(EXCERPTED RECORDS)

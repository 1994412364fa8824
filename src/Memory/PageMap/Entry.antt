-- ===== src/Memory/PageMap/Entry.antt =====
-- The words of the tables of memory/paging_map.c, by arithmetic in place of masks.
use Prim.Native.Nat.{bit_and, bit_or, bit_or-bitwise}
use native.Mathlib.Nat.{
  pow-suc, one-le-pow, mul_comm, mul_assoc, mod-add-div, mod-lt, mod-eq_of_lt,
  add-mul-mod_self_right, div-div-eq-div-mul,
}
use helos.Prelude.{
  ℕ, zero, suc, ◌+◌, ◌-◌, ◌*◌, ◌/◌, ◌%◌, ◌^◌, ◌<◌, ◌≡◌, ap, sym, ◌∙◌, inl, inr, Bool, true, false,
  not, ◌&&◌, ◌==◌, if◌then◌else◌, arith, Bool-cases, bit_and_step, bit_or_step, bit_and-zero,
  bit_or-zero, test_bit, nth_bit,
}
use helos.Memory.Rounding.{take_bitfield}
use helos.Memory.PageMap.{
  has, index1, index2, index3, index4, page_entry, pml_addr_mask, pml_present, pml_writeable,
  pml_page_size, pml_execute_disable,
}

-- Remainders by a double.
mod-double : (x p : ℕ) → 0 < p → x % (p * 2) ≡ x % 2 + 2 * (x / 2 % p)
mod-double x p h =
    let low = x % 2 + 2 * (x / 2 % p) in
    let split : x ≡ low + x / 2 / p * (p * 2) =
      omega (arith, mod-add-div (x / 2) p, mul_comm p (x / 2 / p), mul_assoc (x / 2 / p) p 2) in
    let small : low < p * 2 = omega (arith, mod-lt (x / 2) h) in
    ap (λ y. y % (p * 2)) split
    ∙ add-mul-mod_self_right low (x / 2 / p) (p * 2)
    ∙ mod-eq_of_lt small

bit_and-ones : (k x : ℕ) → bit_and x (2 ^ k - 1) ≡ x % 2 ^ k
bit_and-ones zero x = omega (arith, bit_and-zero x x (omega arith))
bit_and-ones (suc k) x =
    let half : (2 ^ suc k - 1) / 2 ≡ 2 ^ k - 1 = omega (arith, pow-suc 2 k, one-le-pow k 2) in
    let double : x % 2 ^ suc k ≡ x % 2 + 2 * (x / 2 % 2 ^ k) =
      ap (λ p. x % p) (pow-suc 2 k) ∙ mod-double x (2 ^ k) (omega (arith, one-le-pow k 2)) in
    omega (
      arith,
      bit_and_step x (2 ^ suc k - 1),
      ap (λ m. bit_and (x / 2) m) half,
      bit_and-ones k (x / 2),
      double,
      pow-suc 2 k,
      one-le-pow k 2,
    )

-- A mask of high bits, and bits put beside lower or higher ones.
bit_and-shifted : (k x m : ℕ) → bit_and x (m * 2 ^ k) ≡ bit_and (x / 2 ^ k) m * 2 ^ k
bit_and-shifted zero x m = omega (
  arith,
  ap (λ y. bit_and x y) (let e : m * 2 ^ 0 ≡ m = omega arith in e),
  ap (λ y. bit_and y m) (let e : x / 2 ^ 0 ≡ x = omega arith in e),
)
bit_and-shifted (suc k) x m =
    let mask : m * 2 ^ suc k ≡ m * 2 ^ k * 2 =
      ap (λ p. m * p) (pow-suc 2 k) ∙ sym (mul_assoc m (2 ^ k) 2) in
    let half : m * 2 ^ suc k / 2 ≡ m * 2 ^ k = omega (arith, mask) in
    let quarter : x / 2 / 2 ^ k ≡ x / 2 ^ suc k =
      div-div-eq-div-mul x 2 (2 ^ k) ∙ ap (λ p. x / p) (mul_comm 2 (2 ^ k) ∙ sym (pow-suc 2 k)) in
    let high = bit_and (x / 2 ^ suc k) m in
    omega (
      arith,
      bit_and_step x (m * 2 ^ suc k),
      ap (λ y. bit_and (x / 2) y) half,
      bit_and-shifted k (x / 2) m,
      ap (λ y. bit_and y m * 2 ^ k) quarter,
      mask,
      ap (λ p. high * p) (pow-suc 2 k),
      mul_assoc high (2 ^ k) 2,
    )

double-shifted : (k a : ℕ) → a * 2 ^ suc k ≡ a * 2 ^ k * 2
double-shifted k a = ap (λ p. a * p) (pow-suc 2 k) ∙ sym (mul_assoc a (2 ^ k) 2)

-- A bit that is not set yet.
pub bit_or-pow : (k x : ℕ) → nth_bit x k ≡ 0 → bit_or x (2 ^ k) ≡ x + 2 ^ k
bit_or-pow zero x h =
    omega (arith, bit_or_step x (2 ^ 0), bit_or-zero (x / 2) (x / 2) (omega arith), h)
bit_or-pow (suc k) x h =
    let half : 2 ^ suc k / 2 ≡ 2 ^ k = omega (arith, pow-suc 2 k) in
    omega (
      arith,
      bit_or_step x (2 ^ suc k),
      ap (λ y. bit_or (x / 2) y) half,
      bit_or-pow k (x / 2) h,
      pow-suc 2 k,
    )

pub bit_or-high : (k a f : ℕ) → f < 2 ^ k → bit_or f (a * 2 ^ k) ≡ f + a * 2 ^ k
bit_or-high zero a f h =
    let none_left : f ≡ 0 = omega arith in rw none_left (bit_or-bitwise 0 (a * 2 ^ 0) ∙ omega arith)
bit_or-high (suc k) a f h =
    let half : a * 2 ^ suc k / 2 ≡ a * 2 ^ k = omega (arith, double-shifted k a) in
    omega (
      arith,
      bit_or_step f (a * 2 ^ suc k),
      ap (λ y. bit_or (f / 2) y) half,
      bit_or-high k a (f / 2) (omega (arith, pow-suc 2 k)),
      double-shifted k a,
    )

pub address-lem : (e : ℕ) → bit_and e pml_addr_mask ≡ e / 4096 % 2 ^ 40 * 4096
address-lem e =
    bit_and-shifted 12 e (2 ^ 40 - 1) ∙ ap (λ y. y * 2 ^ 12) (bit_and-ones 40 (e / 2 ^ 12))

pub index4-lem : (v : ℕ) → index4 v ≡ v / 2 ^ 39 % 512
unfolding index4 take_bitfield
index4-lem v = bit_and-ones 9 (v / 2 ^ 39)

pub index3-lem : (v : ℕ) → index3 v ≡ v / 2 ^ 30 % 512
unfolding index3 take_bitfield
index3-lem v = bit_and-ones 9 (v / 2 ^ 30)

pub index2-lem : (v : ℕ) → index2 v ≡ v / 2 ^ 21 % 512
unfolding index2 take_bitfield
index2-lem v = bit_and-ones 9 (v / 2 ^ 21)

pub index1-lem : (v : ℕ) → index1 v ≡ v / 2 ^ 12 % 512
unfolding index1 take_bitfield
index1-lem v = bit_and-ones 9 (v / 2 ^ 12)

-- A physical address that fits an entry.
abbrev pub IsFrame : ℕ → Type 0
IsFrame a = (a % 4096 ≡ 0) × (a < 2 ^ 52)

-- The word that stands for a table.
pub pointer-lem : (a : ℕ) → IsFrame a → bit_or (bit_or a pml_present) pml_writeable ≡ a + 3
pointer-lem a h =
    ap (λ y. bit_or y 2) (bit_or-pow 0 a (omega (arith, h)))
    ∙ bit_or-pow 1 (a + 1) (omega (arith, h))
    ∙ omega arith

-- The word that stands for a page.
pub page_entry-lem :
    (xd : Bool) (a flags : ℕ)
    → IsFrame a
    → page_entry xd a flags
      ≡ a + 1 + (if has flags 2 then 2 else 0) + (if xd && not (has flags 1) then 2 ^ 63 else 0)
unfolding page_entry
page_entry-lem xd a flags h =
    let w : ℕ = if has flags 2 then 2 else 0 in
    let low : bit_or a 1 ≡ a + 1 = bit_or-pow 0 a (omega (arith, h)) in
    let mid : bit_or (a + 1) w ≡ a + 1 + w = elim (Bool-cases (has flags 2)) [
      | inl e ↦ rw e (bit_or-pow 1 (a + 1) (omega (arith, h)))
      | inr e ↦ rw e (bit_or-zero (a + 1) (a + 1) (omega arith) ∙ omega arith)
    ] in
    let small : a + 1 + w < 2 ^ 63 = ground (arith, h) in
    rw low (
      rw mid (elim (Bool-cases (xd && not (has flags 1))) [
        | inl e ↦ rw e (bit_or-high 63 1 (a + 1 + w) small)
        | inr e ↦ rw e (bit_or-zero (a + 1 + w) (a + 1 + w) (omega arith) ∙ omega arith)
      ]))

has-present : (e : ℕ) → has e pml_present ≡ (e % 2 == 1)
unfolding has
has-present e = test_bit e 0

has-writeable : (e : ℕ) → has e pml_writeable ≡ (e / 2 % 2 == 1)
unfolding has
has-writeable e = test_bit e 1

has-page_size : (e : ℕ) → has e pml_page_size ≡ (nth_bit e 7 == 1)
unfolding has
has-page_size e = test_bit e 7

has-execute_disable : (e : ℕ) → has e pml_execute_disable ≡ (nth_bit e 63 == 1)
unfolding has
has-execute_disable e = test_bit e 63

nth_bit-div : (k e : ℕ) → nth_bit e k ≡ e / 2 ^ k % 2
nth_bit-div zero e = omega arith
nth_bit-div (suc k) e =
    nth_bit-div k (e / 2)
    ∙ ap (λ y. y % 2)
        (div-div-eq-div-mul e 2 (2 ^ k) ∙ ap (λ y. e / y) (mul_comm 2 (2 ^ k) ∙ sym (pow-suc 2 k)))

pub zero-present : has 0 pml_present ≡ false
zero-present = has-present 0

-- What the bits of a table's word say.
pub pointer-present : (a : ℕ) → IsFrame a → has (a + 3) pml_present ≡ true
pointer-present a h = has-present (a + 3) ∙ ground (arith, h)

pub pointer-writeable : (a : ℕ) → IsFrame a → has (a + 3) pml_writeable ≡ true
pointer-writeable a h = has-writeable (a + 3) ∙ ground (arith, h)

pub pointer-execute_disable : (a : ℕ) → IsFrame a → has (a + 3) pml_execute_disable ≡ false
pointer-execute_disable a h =
    has-execute_disable (a + 3) ∙ ap (λ b. b == 1) (nth_bit-div 63 (a + 3)) ∙ ground (arith, h)

pub pointer-page_size : (a : ℕ) → IsFrame a → has (a + 3) pml_page_size ≡ false
pointer-page_size a h = has-page_size (a + 3) ∙ ground (arith, h)

pub pointer-address : (a : ℕ) → IsFrame a → bit_and (a + 3) pml_addr_mask ≡ a
pointer-address a h = address-lem (a + 3) ∙ omega (arith, h)

-- And those of a page's word.
module _ (xd : Bool) (a flags : ℕ) (h : IsFrame a) where
  pub page_entry-present : has (page_entry xd a flags) pml_present ≡ true
  page_entry-present =
      has-present (page_entry xd a flags) ∙ ground (arith, page_entry-lem xd a flags h, h)

  pub page_entry-writeable : has (page_entry xd a flags) pml_writeable ≡ has flags 2
  page_entry-writeable =
      has-writeable (page_entry xd a flags) ∙ ground (arith, page_entry-lem xd a flags h, h)

  pub page_entry-execute_disable :
      has (page_entry xd a flags) pml_execute_disable ≡ (xd && not (has flags 1))
  page_entry-execute_disable =
      has-execute_disable (page_entry xd a flags)
      ∙ ap (λ b. b == 1) (nth_bit-div 63 (page_entry xd a flags))
      ∙ ground (arith, page_entry-lem xd a flags h, h)

  pub page_entry-address : bit_and (page_entry xd a flags) pml_addr_mask ≡ a
  page_entry-address =
      address-lem (page_entry xd a flags) ∙ ground (arith, page_entry-lem xd a flags h, h)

(End EXCERPTED RECORDS)

● **WHAT THIS TASK INVOLVES**:
Count the lines of the material above that contain the string "elim". Write nothing but the count.

● **ANSWER BELOW**:
2